# Bad Brush Marks Oil Primer



## McGregor (Nov 5, 2013)

The HO wanted a smooth finish, I was brushing already installed doors. The doors were previously stained, so I used an oil based Zinser as a primer since as far as I know oil is the only primer I can use over oil. I then hand-sanded, felt pretty smooth, actually really smooth. I then painted 2 coats, after the job was done, I had the worst brush marks ever. That never ever happens. I am fully convinced that the oil primer brush marks came through the paint. When I applied the oil primer, it did have really bad brush marks as that stuff was thick as hell. 

I am thinking about using an electric palm sander instead of hand sanding, sanding it all down, then putting another coat. Think that will work?

Thanks!


----------



## Jmayspaint (Mar 26, 2013)

What is the finish? Latex enamel? Orbital sanding it now will help some but it would have been a lot easier/more effective to sand the strokes out of the primer before top coating.


----------



## ridesarize (Jun 19, 2012)

Try wet sanding it. Get 220 paper wet (doesn't have to be the black "wet" paper). sand a sq foot area at a time, wipe water and residue off every 30 seconds and move to a new spot of door so it doesn't lift your topcoats. then go back to revisit each spot. If you have the area wet for too long if will then lift the paint so just wipe, let that dry and so forth.


----------



## Jmayspaint (Mar 26, 2013)

ridesarize said:


> Try wet sanding it. Get 220 paper wet (doesn't have to be the black "wet" paper). sand a sq foot area at a time, wipe water and residue off every 30 seconds and move to a new spot of door so it doesn't lift your topcoats. then go back to revisit each spot. If you have the area wet for too long if will then lift the paint so just wipe, let that dry and so forth.


This is what I've been doing in between coats of Advance except with 400 grit paper. You can really slick it down like that. Haven't tried it with acrylics much, but it would probably work similarly.


----------



## Brian C (Oct 8, 2011)

Buy some Penetrol and mix it in with the primer. It will flow out nicely without brush marks.


----------



## DrakeB (Jun 6, 2011)

I'm curious what your topcoat was. Some have better self leveling properties than others, and it may be that the brush marks on the primer in combination with the brush marks on the topcoat were just too much for it. If you're not using a high quality topcoat, swapping to one could help.
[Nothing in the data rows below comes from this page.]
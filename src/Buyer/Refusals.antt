-- ===== src/Buyer/Refusals.antt =====
-- The failure rows of internal/buyer/purchase.go.
use agent_mart.Prelude.{◌≡◌, refl, Bool, true, false, not, ◌∷◌, arith}
use agent_mart.Prelude.Int.{ℤ}
use agent_mart.Prelude.Text.{Text}
use agent_mart.Prelude.Result.{Result, ok, err}
use agent_mart.Prelude.Ensures.{Outcome, Outcome-if}
use agent_mart.Buyer.World.{World, Trail, ApprovalResolution, record_failure}
use agent_mart.Buyer.Approval.{resolve}
use agent_mart.Buyer.Purchase.{
  Service, PurchaseRequest, PurchaseResult, refuse_with, recorded, attempt, purchase,
  attempt_approval, request_approval, resumed, resume, resolve_purchase,
}

-- The latest call is the row of a failure of this person.
abbrev pub HasRow : ℤ → Trail → Type 0
HasRow telegram_id t =
    (product_id : Text) × (quantity : ℤ) × (cause : Text) × (before : Trail) × (t
      ≡ record_failure telegram_id product_id quantity cause ∷ before)

-- An error has left its row.
abbrev pub Leaves : ℤ → Result PurchaseResult × Trail → Type 0
Leaves telegram_id x = Outcome (λ _ _. Unit {0}) (λ _. HasRow telegram_id) x.0 x.1

refuse_with-Leaves :
    (recording : Bool) (w : World) (telegram_id : ℤ) (product_id : Text) (quantity : ℤ)
    (cause : Text) (t : Trail)
    → recording ≡ true
    → Leaves telegram_id (refuse_with recording w telegram_id product_id quantity cause t)
refuse_with-Leaves true w telegram_id product_id quantity cause t h =
    (product_id, quantity, cause, t, refl)
refuse_with-Leaves false w telegram_id product_id quantity cause t h = absurd (ground arith)

recorded-Leaves :
    (s : Service) (w : World) (r : PurchaseRequest) (x : Result PurchaseResult) (t : Trail)
    → s.has_failures ≡ true
    → Leaves r.telegram_id (recorded s w r (x, t))
recorded-Leaves s w r (ok x) t h = tt
recorded-Leaves s w r (err e) t h = refuse_with-Leaves s.has_failures w _ _ _ e t h

purchase-Leaves :
    (s : Service) (w : World) (r : PurchaseRequest) (t : Trail)
    → s.has_failures ≡ true
    → Leaves r.telegram_id (purchase s w r t)
unfolding purchase
purchase-Leaves s w r t h = recorded-Leaves s w r (attempt s w r t).0 (attempt s w r t).1 h

request_approval-Leaves :
    (s : Service) (w : World) (r : PurchaseRequest) (reason : Text) (t : Trail)
    → s.has_failures ≡ true
    → Leaves r.telegram_id (request_approval s w r reason t)
unfolding request_approval
request_approval-Leaves s w r reason t h =
    recorded-Leaves s w r (attempt_approval s w r reason t).0 (attempt_approval s w r reason t).1 h

resume-Leaves :
    (s : Service) (w : World) (telegram_id : ℤ) (a : Result ApprovalResolution) (t : Trail)
    → s.has_failures ≡ true
    → Leaves telegram_id (resume s w telegram_id (a, t))
resume-Leaves s w telegram_id (err e) t h = refuse_with-Leaves s.has_failures w _ _ _ e t h
resume-Leaves s w telegram_id (ok a) t h =
    Outcome-if (λ _ _. Unit {0}) (λ _. HasRow telegram_id) (not a.resolved) _ _ (λ _. tt)
      (λ _.
        Outcome-if (λ _ _. Unit {0}) (λ _. HasRow telegram_id) (not a.approved) _ _ (λ _. tt)
          (λ _. purchase-Leaves s w (resumed telegram_id a) t h))

resolve_purchase-Leaves :
    (s : Service) (w : World) (telegram_id : ℤ) (token decision : Text) (t : Trail)
    → s.has_failures ≡ true
    → Leaves telegram_id (resolve_purchase s w telegram_id token decision t)
unfolding resolve_purchase
resolve_purchase-Leaves s w telegram_id token decision t h =
    Outcome-if (λ _ _. Unit {0}) (λ _. HasRow telegram_id) s.has_resolver _ _
      (λ _.
        resume-Leaves s w telegram_id (resolve w telegram_id token decision t).0
          (resolve w telegram_id token decision t).1 h)
      (λ _. refuse_with-Leaves s.has_failures w _ _ _ _ t h)

-- With a failure recorder, whatever error a purchase, a request for approval or a resolution
-- returns, its last call was the row of a failure of that person.
pub refusals-Leaves :
    (s : Service) (w : World) (r : PurchaseRequest) (reason token decision : Text) (t : Trail)
    → s.has_failures ≡ true
    → Leaves r.telegram_id (purchase s w r t)
      × Leaves r.telegram_id (request_approval s w r reason t)
      × Leaves r.telegram_id (resolve_purchase s w r.telegram_id token decision t)
refusals-Leaves s w r reason token decision t h = (
  purchase-Leaves s w r t h,
  request_approval-Leaves s w r reason t h,
  resolve_purchase-Leaves s w r.telegram_id token decision t h,
)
If you're already using a good quality topcoat, the sanding advice already given has been very good. Best of luck!


----------



## ExcelPaintingCo (Apr 16, 2011)

Coverstain can get pretty ropey if your not careful. I would try to thin it a little (as already suggested) and roll the flats with a foam roller. Then sand and top coat. Wet sanding advanced is the only way to go if you don't want to see the scratches through your final coat.


----------



## CRS (Apr 13, 2013)

*Oil primer*

If the primer you used was the typical VT-Oil, VT-Alkyd "like original KILZ" it is much to fast on the drying side to effectively brush apply on a large scale. Been there done that. It will sand down nice with effort, brush marks usually sand out. In the future sand first before applying finishes. 

Now it will depends on which finish you chose for the topcoat. Hopefully it has some hardness and will sand. What you see is what you get, if you see brush marks after sanding, before applying finish, you will see it afterwards.

Good luck my friend.


----------



## McGregor (Nov 5, 2013)

I used Ben Moore paint, Super Spec, but still top notch enough...


----------



## DrakeB (Jun 6, 2011)

Ah... well... while Super Spec isn't a bad product, it's not really meant for perfect finishes on doors and woodwork, etc. Would probably be better off with Advance or Satin Impervo if you can still get it, or better yet Grand Entrance. Good luck, though, hopefully you get it looking great!


----------



## Criard (Nov 23, 2013)

I'm curious too, which Zinnsser primer you used. 

Coverstain kind of has a reputation for being really fast drying and not the greatest flow/leveling for an oil primer. Their "Odorless" oil primer in the green can is a lot easier to use and is what we usually recommend for doors, unless the person is familiar with using coverstain


----------



## PRC (Aug 28, 2014)

I use 024 with a little penetrol. Never had great luck with the faster drying odorless or coverstain for good leveling


----------



## two fingers (Sep 28, 2014)

Sometimes a raddle can is the way to go


----------



## trainbeat (Dec 19, 2013)

Also, consider thinning it and using a stiff latex brush instead of a traditional oil next time. Less brushmarks.


----------